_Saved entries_
+ + + +

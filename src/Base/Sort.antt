-- ===== src/Base/Sort.antt =====
-- A stable sort by a strict order, and when the order of its input does not matter.
use mathlib.Core.Path.{◌≡◌, refl, sym, ◌∙◌}
use mathlib.Core.Logic.{inl, inr}
use mathlib.Core.Bool.{Bool, true, false}
use mathlib.Core.List.{List, [], ◌∷◌, Permᴰ, Memᴰ}
use native.Mathlib.Omega.{arith}
use octopus_job_search.Base.Tests.{if◌then◌else◌, Bool-cases}

module _ {ℓ} {A : Type ℓ} (lt : A → A → Bool) where
  -- In front of the first entry that is not smaller, so equal entries keep their order.
  unfoldable pub insert : A → List A → List A
  insert x [] = x ∷ []
  insert x (y ∷ ys) = if lt y x then y ∷ insert x ys else x ∷ y ∷ ys

  unfoldable pub sort : List A → List A
  sort [] = []
  sort (x ∷ xs) = insert x (sort xs)

  -- What the sort needs of the order: a strict order, by which apart entries are compared.
  pub record IsStrict : Type ℓ where
    pub irrefl : (a : A) → lt a a ≡ false
    pub trans : (a b c : A) → lt a b ≡ true → lt b c ≡ true → lt a c ≡ true

  -- Entries of the list that the order does not tell apart are the same entry.
  abbrev pub IsTotalOn : List A → Type ℓ
  IsTotalOn l = (a b : A) → Memᴰ a l → Memᴰ b l → lt a b ≡ false → lt b a ≡ false → a ≡ b

  lt_asymm : IsStrict → (a b : A) → lt a b ≡ true → lt b a ≡ false
  lt_asymm s a b h = elim (Bool-cases (lt b a)) [
    | inl k ↦ cc (s.trans a b a h k, s.irrefl a)
    | inr k ↦ k
  ]

  insert_comm :
      IsStrict
      → (x y : A) → lt x y ≡ true
      → (l : List A) → insert x (insert y l) ≡ insert y (insert x l)
  unfolding insert
  insert_comm s x y h [] = ground (arith, lt_asymm s x y h)
  insert_comm s x y h (z ∷ l) =
      ground (arith, lt_asymm s x y h, s.trans z x y, insert_comm s x y h l)

  insert_swap :
      IsStrict
      → (x y : A) → (lt x y ≡ false → lt y x ≡ false → x ≡ y)
      → (l : List A) → insert x (insert y l) ≡ insert y (insert x l)
  insert_swap s x y t l = elim (Bool-cases (lt x y)) [
    | inl h ↦ insert_comm s x y h l
    | inr h ↦ elim (Bool-cases (lt y x)) [
      | inl k ↦ sym (insert_comm s y x k l)
      | inr k ↦ let e : x ≡ y = t h k in rw e
    ]
  ]

  mem_of_perm : {l m : List A} → Permᴰ l m → (a : A) → Memᴰ a m → Memᴰ a l
  mem_of_perm Permᴰ.nil a i = i
  mem_of_perm (Permᴰ.cons e p) a (Memᴰ.head h) = Memᴰ.head (h ∙ sym e)
  mem_of_perm (Permᴰ.cons e p) a (Memᴰ.tail i) = Memᴰ.tail (mem_of_perm p a i)
  mem_of_perm (Permᴰ.swap e f) a (Memᴰ.head h) = Memᴰ.tail (Memᴰ.head (h ∙ sym f))
  mem_of_perm (Permᴰ.swap e f) a (Memᴰ.tail (Memᴰ.head h)) = Memᴰ.head (h ∙ sym e)
  mem_of_perm (Permᴰ.swap e f) a (Memᴰ.tail (Memᴰ.tail i)) = Memᴰ.tail (Memᴰ.tail i)
  mem_of_perm (Permᴰ.trans p q) a i = mem_of_perm p a (mem_of_perm q a i)

  -- The order of the input does not show in the result.
  pub sort-Permᴰ : IsStrict → {l m : List A} → Permᴰ l m → IsTotalOn l → sort l ≡ sort m
  unfolding sort
  sort-Permᴰ s Permᴰ.nil t = refl
  sort-Permᴰ s (Permᴰ.cons e p) t =
      cc (sort-Permᴰ s p (λ a b i j. t a b (Memᴰ.tail i) (Memᴰ.tail j)), e)
  sort-Permᴰ s (Permᴰ.swap {a = x} {b = y} {l = r} e f) t =
      cc (insert_swap s x y (t x y (Memᴰ.head refl) (Memᴰ.tail (Memᴰ.head refl))) (sort r), e, f)
  sort-Permᴰ s (Permᴰ.trans p q) t =
      sort-Permᴰ s p t ∙ sort-Permᴰ s q (λ a b i j. t a b (mem_of_perm p a i) (mem_of_perm p b j))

+ + + +

_EXERCISE PROMPT_
Copy, character for character, the lines from the line that holds "mem_of_perm (Permᴰ.trans p" through the final line of the records above.

_SOLVED EXERCISE_
  mem_of_perm (Permᴰ.trans p q) a i = mem_of_perm p a (mem_of_perm q a i)

  -- The order of the input does not show in the result.
  pub sort-Permᴰ : IsStrict → {l m : List A} → Permᴰ l m → IsTotalOn l → sort l ≡ sort m
  unfolding sort
  sort-Permᴰ s Permᴰ.nil t = refl
  sort-Permᴰ s (Permᴰ.cons e p) t =
      cc (sort-Permᴰ s p (λ a b i j. t a b (Memᴰ.tail i) (Memᴰ.tail j)), e)
  sort-Permᴰ s (Permᴰ.swap {a = x} {b = y} {l = r} e f) t =
      cc (insert_swap s x y (t x y (Memᴰ.head refl) (Memᴰ.tail (Memᴰ.head refl))) (sort r), e, f)
  sort-Permᴰ s (Permᴰ.trans p q) t =
      sort-Permᴰ s p t ∙ sort-Permᴰ s q (λ a b i j. t a b (mem_of_perm p a i) (mem_of_perm p b j))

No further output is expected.